しかしながら、彼が両親などについて語るのは見たことがなく(見逃しているだけかもしれないけど)いかなる理由でオランダに来たのかなど謎の部分は多いです。

<イッツショータイム! バダ・ハリの試合は面白い>

バダ・ハリの試合は面白い……。
それは数字にも表れています。K-1参戦以降、13戦10勝8KO。勝ったときは80%という、まさしく脅威のKO率です。
特に今年に入ってからのバダ・ハリは手がつけられない状態で、セフォー、グラウベ、オスタジックをすべて1Rで葬り去りました。その「ゴールデンボーイ」としての光は増すばかりで、魔裟斗や佐藤といったMAXファイターが「バダ・ハリのような試合を」と言うほどの説得力を持ち、またK-1甲子園の予選などでも「目標はバダ・ハリ選手」という子供達が増えてきました。
2007年横浜大会のカラエフ戦は、伝説の試合として10年後も色あせることはないでしょう。

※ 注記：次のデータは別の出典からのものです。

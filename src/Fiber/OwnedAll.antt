-- ===== src/Fiber/OwnedAll.antt =====
-- The turns of the fibers of any operations, in any order.
use blackrock.Charges.Keeps.{
  commit-KeepsUsers, create_payment-KeepsUsers, query_sources-KeepsUsers,
  validate_source-KeepsUsers,
}
use blackrock.Charges.{query_sources, validate_source, create_payment, commit}
use blackrock.Subscriptions.Keeps.{delete_account-KeepsUsers, suspend-KeepsUsers}
use blackrock.Subscriptions.{delete_account, suspend_account}
use blackrock.Cards.Keeps.{
  get_stripe_data-KeepsUsers, make_primary-KeepsUsers, delete_card-KeepsUsers,
}
use blackrock.Cards.{get_stripe_data, make_card_primary, delete_card_for_user}
use blackrock.Offer.Keeps.{bonuses_migration-Keeps}
use blackrock.Offer.{bonuses_migration}
use blackrock.System.Entries.{accounts_of-set_bonuses}
use blackrock.Mailing.Keeps.{
  unsubscribe_mailing_list-Keeps, subscribe_mailing_list-Keeps, update_mailchimp-Keeps,
}
use blackrock.Mailing.{
  unsubscribe_mailing_list, subscribe_mailing_list, update_mailchimp, Mailchimp,
}
use blackrock.Prelude.{ℕ, true, ◌≡◌, ap, List, [], ◌∷◌, some, map, All}
use blackrock.Text.{Text, is_truthy}
use blackrock.System.{
  Account, accounts_of, Operation, stripe_webhook, mailchimp_webhook, offer_bonuses, add_card,
  delete_card, make_primary, stripe_data, bonuses, update_plan, buy_plan, suspend, delete,
  subscribe_list, unsubscribe_list, use_source, list_sources, pay, capture,
}
use blackrock.Stripe.{ok, Failure, Customer, create_customer, Services}
use blackrock.Action.{World}
use blackrock.Fiber.{once, Fiber, done, interleave, ◌>>◌}
use blackrock.Fiber.Methods.{
  spawn, add_card_fiber, my_bonuses_fiber, update_plan_fiber, buy_plan_fiber,
}
use blackrock.Fiber.Safe.{interleave-Ensures}
use blackrock.Fiber.Fits.{Fits, Fits-refl}
use blackrock.Fiber.Owned.{FitsBefore, IsSafe, keeps_IsSafe, part-IsSafe, done-IsSafe}
use blackrock.Fiber.OwnedMethods.{add_card-IsSafe, buy_plan-IsSafe, update_plan-IsSafe}
use blackrock.Fiber.OwnedEvents.{webhook-IsSafe, my_bonuses-IsSafe}

module _ {S : Type 0} (v : Services S) (m : Mailchimp S) (message : Failure → Text)
    (Owns : Text → Text → Type 0)
    (names : (token email user_id : Text) (s : S) (c : Customer)
      → (v.request_customer (create_customer token email (some user_id)) s).0 ≡ ok c
      → (is_truthy c.id ≡ true) × Owns user_id c.id) where
  ignored-IsSafe :
      {A : Type 0} (before : List Account) (f : Fiber S A)
      → IsSafe Owns before f
      → IsSafe Owns before (f >> done (ok tt))
  ignored-IsSafe before f safe =
      part-IsSafe Owns before f _ safe λ _. done-IsSafe S Owns before (ok tt)

  spawn-IsSafe : (before : List Account) (o : Operation) → IsSafe Owns before (spawn v m message o)
  unfolding spawn
  spawn-IsSafe before (stripe_webhook event_id) = webhook-IsSafe v Owns before event_id
  spawn-IsSafe before mailchimp_webhook =
      keeps_IsSafe Owns before (update_mailchimp v m)
        (update_mailchimp-Keeps v m accounts_of accounts_of-set_bonuses)
  spawn-IsSafe before offer_bonuses =
      keeps_IsSafe Owns before (bonuses_migration v m)
        (bonuses_migration-Keeps v m accounts_of accounts_of-set_bonuses)
  spawn-IsSafe before (add_card session token email) =
      ignored-IsSafe before (add_card_fiber v session token email)
        (add_card-IsSafe v Owns names before session token email)
  spawn-IsSafe before (delete_card session hashed) =
      keeps_IsSafe Owns before (delete_card_for_user v session hashed)
        λ w. ap accounts_of (delete_card-KeepsUsers v session hashed w)
  spawn-IsSafe before (make_primary session hashed) =
      keeps_IsSafe Owns before (make_card_primary v session hashed)
        λ w. ap accounts_of (make_primary-KeepsUsers v session hashed w)
  spawn-IsSafe before (stripe_data session) =
      ignored-IsSafe before (once (get_stripe_data v session)) (
        keeps_IsSafe Owns before (get_stripe_data v session)
          λ w. ap accounts_of (get_stripe_data-KeepsUsers v session w))
  spawn-IsSafe before (bonuses session) =
      ignored-IsSafe before (my_bonuses_fiber v session) (my_bonuses-IsSafe v Owns before session)
  spawn-IsSafe before (update_plan session plan) =
      ignored-IsSafe before (update_plan_fiber v session plan)
        (update_plan-IsSafe v Owns names before session plan)
  spawn-IsSafe before (buy_plan session token email plan) =
      ignored-IsSafe before (buy_plan_fiber v session token email plan)
        (buy_plan-IsSafe v Owns names before session token email plan)
  spawn-IsSafe before (suspend user_id) =
      keeps_IsSafe Owns before (suspend_account v user_id)
        λ w. ap accounts_of (suspend-KeepsUsers v user_id w)
  spawn-IsSafe before (delete user) =
      keeps_IsSafe Owns before (delete_account v user)
        λ w. ap accounts_of (delete_account-KeepsUsers v user w)
  spawn-IsSafe before (subscribe_list user_id) =
      keeps_IsSafe Owns before (subscribe_mailing_list v m user_id)
        (subscribe_mailing_list-Keeps v m accounts_of accounts_of-set_bonuses user_id)
  spawn-IsSafe before (unsubscribe_list user_id) =
      keeps_IsSafe Owns before (unsubscribe_mailing_list v m user_id)
        (unsubscribe_mailing_list-Keeps v m accounts_of accounts_of-set_bonuses user_id)
  spawn-IsSafe before (use_source session hashed) =
      ignored-IsSafe before (once (validate_source v session hashed)) (
        keeps_IsSafe Owns before (validate_source v session hashed)
          λ w. ap accounts_of (validate_source-KeepsUsers v session hashed w))
  spawn-IsSafe before (list_sources user_id) =
      ignored-IsSafe before (once (query_sources v user_id)) (
        keeps_IsSafe Owns before (query_sources v user_id)
          λ w. ap accounts_of (query_sources-KeepsUsers v user_id w))
  spawn-IsSafe before (pay config source invoice) =
      ignored-IsSafe before (once (create_payment v message config source invoice)) (
        keeps_IsSafe Owns before (create_payment v message config source invoice)
          λ w. ap accounts_of (create_payment-KeepsUsers v message config source invoice w))
  spawn-IsSafe before (capture payment) =
      keeps_IsSafe Owns before (commit v payment)
        λ w. ap accounts_of (commit-KeepsUsers v payment w)

  spawned-IsSafe :
      (before : List Account) (operations : List Operation)
      → All (IsSafe Owns before) (map (spawn v m message) operations)
  spawned-IsSafe before [] = tt
  spawned-IsSafe before (o ∷ operations) = (spawn-IsSafe before o, spawned-IsSafe before operations)

  -- The fibers of any operations, with turns in any order and as many as there are: no account comes or
  -- goes or changes its id, and each still has the Stripe customer that it had, or has one that Stripe
  -- made on a request for that very user. `Owns` says who a customer is made for; the one thing used of
  -- Stripe is that its answer to such a request has an id that is not empty and that belongs to the user
  -- in the request.
  pub interleave_owned :
      (operations : List Operation) (schedule : List ℕ) (w : World S)
      → Fits Owns
          (accounts_of w.users)
          (accounts_of (interleave schedule (map (spawn v m message) operations) w).1.users)
  interleave_owned operations schedule w =
      interleave-Ensures (FitsBefore Owns (accounts_of w.users)) schedule
        (map (spawn v m message) operations) w (spawned-IsSafe (accounts_of w.users) operations)
        (Fits-refl Owns (accounts_of w.users))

スターへの階段を着実に上るバダ・ハリ。その前途は洋々であるかに見えます。
彼に関しては大丈夫だと思うのですが、若くしてまとまったお金を一気に得てしまったがゆえに、さらに強くなろうという気持ちがなくなってしまわなければよいと思います。

<若きコンプリートファイター>

試合運びは「上手い」の一言。
長い手足を生かして相手の届かない位置から攻撃を繰り出します。攻撃のスピードは速く、一気に間合いをつめてのラッシュも得意です。ゆえに、KOシーンもパンチであったり、ハイキックであったり、どんな攻撃でもフィニッシュにもっていける稀有なファイターです。
若かりし日のピーター・アーツとアーネスト・ホーストを足して2で割ったようなファイトスタイルだと評価されています。
キックボクサーとしてその二人の名を出される事以上の賛辞はないでしょう。
バダ・ハリはこう語ります。
凄い試合を見せるから瞬きをしないように
と。

<Kの頂点を獲り、ライバルを迎撃せよ>

日本におけるK-1開催は、数も少なくなり、また会場も一回り小さくしました。これは私はある種当然のことと捉えており、結局格闘技興行というのは選手の人気に立脚した部分が大きく、会場を大きくしてきたホースト、フグ、ベルナルド……そういった功労選手がいなくなったのですから、後から来た選手だけになったときに同じ規模を維持できると考えるほうが間違っているのです。
しかしこれは悲観的になることではなく、再びバダ・ハリが新しいK-1のスターになり、かつてのK-1を追いかけることなく、若きライバルたちと一から築き上げていけばよいのではないでしょうか。破壊の後の再生こそ、バダ・ハリに課せられた使命です。
そして「新たなK-1」の核となるために必要なのが、グランプリ制覇です。メインイベンターとして、これから10年戦うためには、「WGP王者」の栄冠が必要なのです。「ワンマッチ」の王者は主役にはなりますが、「興行の核」にはなりえません。
ルスラン・カラエフ、グーカン・サキ、エロル・ジマーマン、エヴェルトン・テイシェイラ……。ハリと名勝負を展開できそうな20代の若きファイターたちが世界予選を勝ち抜き、開幕戦への挑戦状を叩きつけました。ハリは彼らをKOでもって撃退し、そしてセーム・シュルトを抑えて優勝しなくてはならないのです。
そのときこそ、再びファンが「試合も面白く、そして誰にも負けない、真の王者」を見るために会場へ足を運ぶことでしょう。
バダ・ハリという名の金脈は、一体どれほどの埋蔵量があるのか。つぶさに観察していかなくてはなりません。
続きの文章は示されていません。